TASK MATERIAL:
BEGIN
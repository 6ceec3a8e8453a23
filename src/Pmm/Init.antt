-- ===== src/Pmm/Init.antt =====
-- `pmm_init`: the bitmap from the E820 memory map of the boot loader.
use chanux.Common.{
  ℕ, zero, suc, ◌+◌, ◌-◌, ◌/◌, ◌&&◌, ◌==◌, ltb, if◌then◌else◌, Option, none, some, List, [], ◌∷◌,
  add64,
}
use chanux.Bitmap.{bitmap_clear, find_free}
use chanux.Pmm.{Pmm, page_size, max_pages, addr_to_pfn, align_up, align_down, reserve_pages}

-- `memory_map_entry_t`; its attributes are not read.
pub record MemoryMapEntry : Type 0 where
  pub base : ℕ
  pub length : ℕ
  pub type : ℕ

abbrev pub memory_type_usable : ℕ
memory_type_usable = 1

-- `memset(pmm_bitmap, 0xFF, MM_PMM_BITMAP_SIZE)` over the variables' initial values
abbrev pub all_used : Pmm
all_used = record {
  bitmap = λ _. 255;
  total_pages = 0;
  free_count = 0;
  reserved_pages = 0;
  first_free_hint = 0;
  total_memory = 0;
}

-- One round of the loop over the addresses of a region.
unfoldable pub release_page : Pmm → ℕ → Pmm
release_page s addr =
    let pfn = addr_to_pfn addr in
    if ltb pfn max_pages
    then record s { bitmap = bitmap_clear s.bitmap pfn; free_count = add64 s.free_count 1 }
    else s

-- `n` rounds of it; `addr` stays below the region's end, so it does not wrap.
unfoldable pub release_pages : Pmm → ℕ → ℕ → Pmm
release_pages s addr zero = s
release_pages s addr (suc n) = release_pages (release_page s addr) (addr + page_size) n

abbrev pub region_start : MemoryMapEntry → ℕ
region_start e = align_up e.base

abbrev pub region_end : MemoryMapEntry → ℕ
region_end e = align_down (add64 e.base e.length)

-- Both ends are page-aligned, so the loop runs once for each page between them.
unfoldable pub add_region : Pmm → MemoryMapEntry → Pmm
add_region s e =
    let start = region_start e in
    let end = region_end e in
    let freed = release_pages s start ((end - start) / page_size) in
    if e.type == memory_type_usable && ltb start end
    then record freed { total_memory = add64 freed.total_memory (end - start) }
    else s

unfoldable pub add_regions : Pmm → List MemoryMapEntry → Pmm
add_regions s [] = s
add_regions s (e ∷ es) = add_regions (add_region s e) es

-- The first megabyte, the kernel, the bitmap and the page tables, 256 pages each.
unfoldable pub reserve_system : Pmm → Pmm
reserve_system s =
    let low = reserve_pages s 0 256 in
    let kernel = reserve_pages low 0x100000 256 in
    let bitmap = reserve_pages kernel 0x200000 256 in reserve_pages bitmap 0x300000 256

unfoldable pub find_hint : Pmm → Pmm
find_hint s = record s {
  first_free_hint = elim (find_free s.bitmap max_pages 0) [ some pfn ↦ pfn | none ↦ 0 ];
}

-- `none` is the panic of an absent or empty memory map.
unfoldable pub init : List MemoryMapEntry → Option Pmm
init [] = none
init (e ∷ es) =
    let freed = add_regions all_used (e ∷ es) in
    some (find_hint (reserve_system (record freed { total_pages = freed.free_count })))
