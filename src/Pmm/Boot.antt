-- ===== src/Pmm/Boot.antt =====
-- `pmm_init`: which pages are free after it.
use chanux.Common.{
  ℕ, zero, suc, ◌+◌, ◌-◌, ◌*◌, ◌/◌, ◌%◌, ◌^◌, ◌<◌, ◌≡◌, refl, Bool, true, false, ◌==◌, ltb, leb,
  ◌&&◌, ◌||◌, not, if◌then◌else◌, inl, inr, arith, Bool-cases, some, List, [], ◌∷◌, add64,
}
use chanux.Bitmap.{IsBytes, bitmap_test}
use chanux.Bitmap.Bytes.{bit_test-full}
use chanux.Bitmap.Laws.{test-set, test-clear, bitmap_set-IsBytes, bitmap_clear-IsBytes}
use chanux.Pmm.{Pmm, page_size, max_pages, addr_to_pfn, for_pages, reserve_page, reserve_pages}
use chanux.Pmm.Init.{
  MemoryMapEntry, memory_type_usable, all_used, release_page, release_pages, region_start,
  region_end, add_region, add_regions, reserve_system, find_hint, init,
}

-- The page lies wholly in a usable region of the memory map.
unfoldable pub covers : MemoryMapEntry → ℕ → Bool
covers e r =
    e.type == memory_type_usable
    && leb (region_start e) (r * page_size)
    && ltb (r * page_size) (region_end e)

unfoldable pub covered : List MemoryMapEntry → ℕ → Bool
covered [] r = false
covered (e ∷ es) r = covers e r || covered es r

pub release_page-IsBytes :
    (s : Pmm) (addr : ℕ) → IsBytes s.bitmap → IsBytes (release_page s addr).bitmap
unfolding release_page
release_page-IsBytes s addr v = elim (Bool-cases (ltb (addr_to_pfn addr) max_pages)) [
  | inl inside ↦ rw inside (bitmap_clear-IsBytes s.bitmap v (addr_to_pfn addr))
  | inr outside ↦ rw outside v
]

pub reserve_page-IsBytes :
    (s : Pmm) (addr : ℕ) → IsBytes s.bitmap → IsBytes (reserve_page s addr).bitmap
unfolding reserve_page
reserve_page-IsBytes s addr v = elim (Bool-cases (leb max_pages (addr_to_pfn addr))) [
  | inl outside ↦ rw outside v
  | inr inside ↦ elim (Bool-cases (bitmap_test s.bitmap (addr_to_pfn addr))) [
    | inl used ↦ rw (inside, used) v
    | inr free ↦ rw (inside, free) (bitmap_set-IsBytes s.bitmap v (addr_to_pfn addr))
  ]
]

-- `r` is the page of one of the `n` page addresses from `start` on.
abbrev pub in_pages : ℕ → ℕ → ℕ → Bool
in_pages start n r = leb start (r * page_size) && ltb (r * page_size) (start + n * page_size)

module _ (r : ℕ) (in_range : r < max_pages) where
  pub test-release_page :
      (s : Pmm) (addr : ℕ)
      → IsBytes s.bitmap
      → bitmap_test (release_page s addr).bitmap r
        ≡ (if addr_to_pfn addr == r then false else bitmap_test s.bitmap r)
  unfolding release_page
  test-release_page s addr v = ground (arith, test-clear s.bitmap v (addr_to_pfn addr) r)

  pub test-reserve_page :
      (s : Pmm) (addr : ℕ)
      → IsBytes s.bitmap
      → bitmap_test (reserve_page s addr).bitmap r
        ≡ (if addr_to_pfn addr == r then true else bitmap_test s.bitmap r)
  unfolding reserve_page
  test-reserve_page s addr v = ground (arith, test-set s.bitmap v (addr_to_pfn addr) r)

  test-release_pages :
      (n : ℕ) (s : Pmm) (start : ℕ)
      → IsBytes s.bitmap
      → start % page_size ≡ 0
      → bitmap_test (release_pages s start n).bitmap r
        ≡ (if in_pages start n r then false else bitmap_test s.bitmap r)
  unfolding release_pages
  test-release_pages zero s start v a = ground arith
  test-release_pages (suc n) s start v a = ground (
    arith,
    test-release_pages n (release_page s start) (start + page_size) (release_page-IsBytes s start v)
        (omega arith),
    test-release_page s start v,
  )

  test-reserve_pages :
      (n i : ℕ) (s : Pmm) (addr : ℕ)
      → IsBytes s.bitmap
      → addr % page_size ≡ 0
      → addr + (i + n) * page_size < 2 ^ 64
      → bitmap_test (for_pages reserve_page s addr i n).bitmap r
        ≡ (if in_pages (addr + i * page_size) n r then true else bitmap_test s.bitmap r)
  unfolding for_pages
  test-reserve_pages zero i s addr v a small = ground arith
  test-reserve_pages (suc n) i s addr v a small =
      let here = add64 addr (i * page_size) in
      ground (
        arith,
        test-reserve_pages n (i + 1) (reserve_page s here) addr (reserve_page-IsBytes s here v) a
            (omega arith),
        test-reserve_page s here v,
      )

pub release_pages-IsBytes :
    (n : ℕ) (s : Pmm) (start : ℕ) → IsBytes s.bitmap → IsBytes (release_pages s start n).bitmap
unfolding release_pages
release_pages-IsBytes zero s start v = v
release_pages-IsBytes (suc n) s start v =
    release_pages-IsBytes n (release_page s start) (start + page_size)
      (release_page-IsBytes s start v)

pub add_region-IsBytes :
    (s : Pmm) (e : MemoryMapEntry) → IsBytes s.bitmap → IsBytes (add_region s e).bitmap
unfolding add_region
add_region-IsBytes s e v =
    elim (Bool-cases (e.type == memory_type_usable && ltb (region_start e) (region_end e))) [
      | inl usable ↦ rw usable (release_pages-IsBytes _ s (region_start e) v)
      | inr other ↦ rw other v
    ]

pub add_regions-IsBytes :
    (es : List MemoryMapEntry) (s : Pmm) → IsBytes s.bitmap → IsBytes (add_regions s es).bitmap
unfolding add_regions
add_regions-IsBytes [] s v = v
add_regions-IsBytes (e ∷ es) s v =
    add_regions-IsBytes es (add_region s e) (add_region-IsBytes s e v)

pub for_pages-IsBytes :
    (n i : ℕ) (s : Pmm) (addr : ℕ)
    → IsBytes s.bitmap
    → IsBytes (for_pages reserve_page s addr i n).bitmap
unfolding for_pages
for_pages-IsBytes zero i s addr v = v
for_pages-IsBytes (suc n) i s addr v =
    for_pages-IsBytes n (i + 1) (reserve_page s (add64 addr (i * page_size))) addr
      (reserve_page-IsBytes s (add64 addr (i * page_size)) v)

module _ (r : ℕ) (in_range : r < max_pages) where
  pub test-add_region :
      (s : Pmm) (e : MemoryMapEntry)
      → IsBytes s.bitmap
      → bitmap_test (add_region s e).bitmap r
        ≡ (if covers e r then false else bitmap_test s.bitmap r)
  unfolding add_region covers
  test-add_region s e v =
      let pages = (region_end e - region_start e) / page_size in
      ground (arith, test-release_pages r in_range pages s (region_start e) v (omega arith))

  pub test-add_regions :
      (es : List MemoryMapEntry) (s : Pmm)
      → IsBytes s.bitmap
      → bitmap_test (add_regions s es).bitmap r
        ≡ (if covered es r then false else bitmap_test s.bitmap r)
  unfolding add_regions covered
  test-add_regions [] s v = refl
  test-add_regions (e ∷ es) s v = ground (
    arith,
    test-add_regions es (add_region s e) (add_region-IsBytes s e v),
    test-add_region s e v,
  )

  test-reserve_region :
      (s : Pmm) (addr : ℕ)
      → IsBytes s.bitmap
      → addr % page_size ≡ 0
      → addr < 2 ^ 32
      → bitmap_test (reserve_pages s addr 256).bitmap r
        ≡ (if in_pages addr 256 r then true else bitmap_test s.bitmap r)
  unfolding reserve_pages
  test-reserve_region s addr v a small =
      ground (arith, test-reserve_pages r in_range 256 0 s addr v a (omega arith))

reserve_region-IsBytes :
    (s : Pmm) (addr : ℕ) → IsBytes s.bitmap → IsBytes (reserve_pages s addr 256).bitmap
unfolding reserve_pages
reserve_region-IsBytes s addr v = for_pages-IsBytes 256 0 s addr v

pub reserve_system-IsBytes : (s : Pmm) → IsBytes s.bitmap → IsBytes (reserve_system s).bitmap
unfolding reserve_system
reserve_system-IsBytes s v = reserve_region-IsBytes _ 0x300000 (
    reserve_region-IsBytes _ 0x200000
      (reserve_region-IsBytes _ 0x100000 (reserve_region-IsBytes s 0 v)))

module _ (r : ℕ) (in_range : r < max_pages) where
  test-reserve_system :
      (s : Pmm)
      → IsBytes s.bitmap
      → bitmap_test (reserve_system s).bitmap r
        ≡ (if ltb r 1024 then true else bitmap_test s.bitmap r)
  unfolding reserve_system
  test-reserve_system s v =
      let low = reserve_pages s 0 256 in
      let kernel = reserve_pages low 0x100000 256 in
      let bitmap = reserve_pages kernel 0x200000 256 in
      let low_bytes = reserve_region-IsBytes s 0 v in
      let kernel_bytes = reserve_region-IsBytes low 0x100000 low_bytes in
      let bitmap_bytes = reserve_region-IsBytes kernel 0x200000 kernel_bytes in
      ground (
        arith,
        test-reserve_region r in_range s 0 v refl (omega arith),
        test-reserve_region r in_range low 0x100000 low_bytes refl (omega arith),
        test-reserve_region r in_range kernel 0x200000 kernel_bytes refl (omega arith),
        test-reserve_region r in_range bitmap 0x300000 bitmap_bytes refl (omega arith),
      )

pub all_used-IsBytes : IsBytes all_used.bitmap
all_used-IsBytes n = omega arith

pub test-all_used : (r : ℕ) → bitmap_test all_used.bitmap r ≡ true
unfolding bitmap_test
test-all_used r = bit_test-full (r % 8) (omega arith)

-- If pmm_init succeeds, a page of the bitmap is used exactly if it lies below 4 MB or in no usable
-- region of the memory map.
pub init-bitmap :
    (es : List MemoryMapEntry) (r : ℕ) {s : Pmm}
    → init es ≡ some s
    → r < max_pages
    → bitmap_test s.bitmap r ≡ (ltb r 1024 || not (covered es r))
unfolding init find_hint
init-bitmap [] r e h = absurd (ground arith)
init-bitmap (e ∷ es) r {s} eq h =
    let freed = add_regions all_used (e ∷ es) in
    ground (
      arith,
      test-reserve_system r h (record freed { total_pages = freed.free_count })
          (add_regions-IsBytes (e ∷ es) all_used all_used-IsBytes),
      test-add_regions r h (e ∷ es) all_used all_used-IsBytes,
      test-all_used r,
    )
END
REQUIRED ACTION:
In the data above, find each line where the string "outside" appears, then copy it.

OUTPUT BELOW:
  | inr outside ↦ rw outside v
  | inl outside ↦ rw outside v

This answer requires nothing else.